Ornith-1.0 is fully compatible with OpenCode, the open-source AI coding assistant. You can serve any Ornith variant locally and connect it to OpenCode for a completely private, offline agentic coding workflow:

# Serve Ornith-1.0-35B locally with vLLM
vllm serve deepreinforce-ai/Ornith-1.0-35B \
  --host 0.0.0.0 \
  --port 8000 \
  --tensor-parallel-size 2

# Configure OpenCode to use your local server
# Add to opencode.json:
{
  "provider": {
    "name": "openai-compatible",
    "baseURL": "http://localhost:8000/v1",
    "model": "deepreinforce-ai/Ornith-1.0-35B"
  }
}

For the flagship 397B model, vLLM handles tensor parallelism automatically across multiple GPUs.
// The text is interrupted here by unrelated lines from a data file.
-- ===== src/Coordinator/Leading.antt =====
-- Handlers that lead from one property of the database to another where they succeed, and to a third where
-- they end with an error, whatever statements fail: composed from their statements.
use neuralmesh.Common.{none, inl, ◌≡◌, Bool, refl, true, inr, Option, false, some, Bool-cases}
use neuralmesh.Coordinator.Rows.{Store}
use neuralmesh.Coordinator.Store.{
  ◌>>◌, err, ok, ◌>>=◌, Status, next_fails, Reply, written, Conn, fail_if, exec, bind_reply, pure,
  Db, query, drop_fault,
}
use neuralmesh.Float.{Float}

module _ {R : Float} (E : Store R → Type 0) where
  -- What holds of the database, by the answer.
  abbrev pub Ends : {A : Type 0} → (Store R → Type 0) → Reply A → Store R → Type 0
  Ends Q (ok a) s = Q s
  Ends Q (err e) s = E s

  pub record Leads {A : Type 0} (P Q : Store R → Type 0) (m : Db R A) : Type 0 where
    pub run : (c : Conn R) → P c.store → Ends Q (m c).0 (m c).1.store

  bind_reply-Leads :
      {A B : Type 0} {P Q : Store R → Type 0} (r : Reply A) (f : A → Db R B) (c : Conn R)
      → ((a : A) → Leads P Q (f a))
      → Ends P r c.store
      → Ends Q (bind_reply r f c).0 (bind_reply r f c).1.store
  bind_reply-Leads (ok a) f c k h = (k a).run c h
  bind_reply-Leads (err e) f c k h = h

  pub then-Leads :
      {A B : Type 0} {P Q S : Store R → Type 0} {m : Db R A} {n : Db R B}
      → Leads P Q m
      → Leads Q S n
      → Leads P S (m >> n)
  then-Leads {m = m} {n = n} k l = record {
    run = λ c h. bind_reply-Leads (m c).0 (λ _. n) (m c).1 (λ _. l) (k.run c h);
  }

  pub pure-Leads : {A : Type 0} {P : Store R → Type 0} {a : A} → Leads P P (pure a)
  pure-Leads = record { run = λ c h. h }

  -- What is read is known after the query.
  pub query-Leads :
      {A B : Type 0} {P Q : Store R → Type 0} (f : Store R → A) {k : A → Db R B}
      → ((s : Store R) → P s → E s)
      → ((a : A) → Leads (λ s. P s × (f s ≡ a)) Q (k a))
      → Leads P Q (query f >>= k)
  query-Leads f {k = k} stop go = record {
    run = λ c h. elim (Bool-cases (next_fails c.faults)) [
      | inl failing ↦ rw failing (stop c.store h)
      | inr fine ↦
          rw fine ((go (f c.store)).run (record c { faults = drop_fault c.faults }) (h, refl))
    ];
  }

  pub fail_if-Leads :
      {P Q : Store R → Type 0} (b : Bool) (e : Status)
      → ((s : Store R) → P s → E s)
      → ((s : Store R) → P s → b ≡ false → Q s)
      → Leads P Q (fail_if b e)
  fail_if-Leads true e stop go = record { run = λ c h. stop c.store h }
  fail_if-Leads false e stop go = record { run = λ c h. go c.store h refl }

  written-Leads :
      {Q : Store R → Type 0} (o : Option (Store R)) (c : Conn R)
      → ((t : Store R) → o ≡ some t → Q t)
      → E c.store
      → Ends Q (written o c).0 (written o c).1.store
  written-Leads none c k h = h
  written-Leads (some s) c k h = k s refl

  pub exec-Leads :
      {P Q : Store R → Type 0} {f : Store R → Option (Store R)}
      → ((s : Store R) → P s → E s)
      → ((s t : Store R) → P s → f s ≡ some t → Q t)
      → Leads P Q (exec f)
  exec-Leads {Q = Q} {f = f} stop k = record {
    run = λ c h. elim (Bool-cases (next_fails c.faults)) [
      | inl failing ↦ rw failing (stop c.store h)
      | inr fine ↦ rw fine (
          written-Leads {Q = Q} (f c.store) (record c { faults = drop_fault c.faults })
            (λ t e. k c.store t h e) (stop c.store h))
    ];
  }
The smaller 9B variant can run on a single GPU, making it ideal for quick prototyping with OpenCode.

Getting Started

# Install from Hugging Face
pip install transformers torch

# Quick inference example
from transformers import AutoModelForCausalLM, AutoTokenizer

model = AutoModelForCausalLM.from_pretrained(
    "deepreinforce-ai/Ornith-1.0-35B",
    torch_dtype="auto",
    device_map="auto"
)
tokenizer = AutoTokenizer.from_pretrained("deepreinforce-ai/Ornith-1.0-35B")

prompt = "Write a Python function to implement a thread-safe LRU cache."
inputs = tokenizer(prompt, return_tensors="pt").to(model.device)
outputs = model.generate(**inputs, max_new_tokens=2048)
print(tokenizer.decode(outputs[0], skip_special_tokens=True))

Conclusion

Ornith-1.0 marks a turning point in open-source AI for coding. By combining a self-improving architecture with the permissive MIT license, it democratizes access to state-of-the-art agentic coding capabilities. Whether you’re running the 397B flagship for maximum performance or the lightweight 9B variant on consumer hardware, Ornith-1.0 delivers exceptional value.

The numbers speak for themselves: a 397B open-source model outperforming Claude Opus 4.7 on both Terminal-Bench 2.1 and SWE-bench Verified is not just impressive — it’s a signal that the gap between proprietary and open-source AI is closing rapidly.